Has anybody worked out how the prices have gone up relative to other consumer items?

The engines and cars I am buying are a lot better then the stuff from 30-40 years ago.

Yes they are more expensive, a lot in some cases. 

But when you take into account inflation and the better quality are they really that much more expensive?


----------



## LateStarter (Mar 12, 2016)

For the most part, the prices of average quality diesel locos have approximately doubled in the past 40 years or so -- from $30 to $60 or $70 on sale.
But it seems to me, that rolling stock prices have more than tripled across the board. This in spite of the fact that "micro-tooling" is easier to make, and injection molding has achieved near perfection at lower cost.
Why diesel locos have not skyrocketed in price is an enigma, since things like stepper motors, gearing, flywheeling, and sophisticated electronics for slow speed, etc, would seem to add greatly to to their cost.

L.S.


----------



## Chet (Aug 15, 2014)

I will have to agree that rolling stock prices are a lot higher when compared to years ago. I started my layout over 30 years ago in HO scale after tearing out an N scale layout. At the time, N scale locomotives were crude compared to what is available today. 

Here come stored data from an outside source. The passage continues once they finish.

-- ===== src/Lir.antt =====
-- compiler/cstc_lir/include/cstc_lir/lir.hpp: the nodes of the low-level IR that stand in a basic block.
pub mod Const
pub mod Place
pub mod Operand
mod Examples
use cicest.Prelude.{ℕ, Bool, false, List, [], Option}
use cicest.Span.{SourceSpan}
use cicest.Symbol.{Symbol, invalid_symbol}
use cicest.Ast.{BinaryOp, UnaryOp}
use cicest.Ty.{Ty}

-- Ids are below 2^32.
abbrev pub LirLocalId : Type 0
LirLocalId = ℕ

abbrev pub LirBlockId : Type 0
LirBlockId = ℕ

abbrev pub invalid_local : LirLocalId
invalid_local = 4294967295

pub data LirConstKind : Type 0 where
  num str owned_str bool unit : LirConstKind

pub record LirConst : Type 0 where
  pub kind : LirConstKind
  pub symbol : Symbol
  pub bool_value : Bool

pub data LirPlaceKind : Type 0 where
  local field : LirPlaceKind

pub record LirPlace : Type 0 where
  pub kind : LirPlaceKind
  pub local_id : LirLocalId
  pub field_path : List Symbol

pub data LirOperandKind : Type 0 where
  copy move const : LirOperandKind

pub record LirOperand : Type 0 where
  pub kind : LirOperandKind
  pub place : LirPlace
  pub constant : LirConst

pub record LirStructInitField : Type 0 where
  pub name : Symbol
  pub value : LirOperand

-- `LirRvalue::Node`
pub data LirRvalue : Type 0 where
  use_of : LirOperand → LirRvalue
  borrow : LirPlace → LirRvalue
  binary_op : BinaryOp → LirOperand → LirOperand → LirRvalue
  unary_op : UnaryOp → LirOperand → LirRvalue
  call : Symbol → List LirOperand → LirRvalue
  struct_init : Symbol → List LirStructInitField → LirRvalue
  enum_variant_ref : Symbol → Symbol → LirRvalue

-- `LirStmt::Node`
pub data LirStmt : Type 0 where
  assign : LirPlace → LirRvalue → SourceSpan → LirStmt
  drop_local : LirLocalId → SourceSpan → LirStmt

-- `LirTerminator::Node`
pub data LirTerminatorNode : Type 0 where
  return_value : Option LirOperand → LirTerminatorNode
  jump : LirBlockId → LirTerminatorNode
  switch_bool : LirOperand → LirBlockId → LirBlockId → LirTerminatorNode
  unreachable : LirTerminatorNode

pub record LirTerminator : Type 0 where
  pub node : LirTerminatorNode
  pub span : SourceSpan

pub record LirBasicBlock : Type 0 where
  pub id : LirBlockId
  pub stmts : List LirStmt
  pub terminator : LirTerminator

pub record LirLocalDecl : Type 0 where
  pub id : LirLocalId
  pub type : Ty
  pub debug_name : Option Symbol

pub record LirParam : Type 0 where
  pub local : LirLocalId
  pub name : Symbol
  pub type : Ty
  pub span : SourceSpan

pub record LirFnDef : Type 0 where
  pub name : Symbol
  pub params : List LirParam
  pub return_ty : Ty
  pub locals : List LirLocalDecl
  pub blocks : List LirBasicBlock
  pub span : SourceSpan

Back 30years ago highly detailed rolling stock was not common place. Wood kits such as Silver Streak kits had a high level of detail, but could take a lot of time to put together. Athearn blue box kits and Roundhouse kits were the most common at the time. When I started my layout, hand laying code 70 track and turnouts I started working on my freight cars. I happened to have had a Walthers dealership at the time and ordered a bunch of Athearn blue box cars. Quite a few were ordered undecorated as I custom painted them for my freelance railroad. 

Over the years I did pick up a few Con Cor, Intermountain, Walthers and more recently a few Kadee cars, but the bulk are blue box cars. Before anything hiot the rails, Kadee couplers and Kadee metal wheels or sprung trucks were also added. Almost all are still in service with the exception of a few that were custom painted for my railroad which were given to model railroad friends. 

I am glad that I am not having to build up a freight car fleet at todays prices. Yes, newer cars do have more detail, but when they're put into a train with blue box cars, it's really hard to tell the difference unless you get right on top of them. 

Here;s a video of a train with both modern and old blue box cars. Looks just fine to me. 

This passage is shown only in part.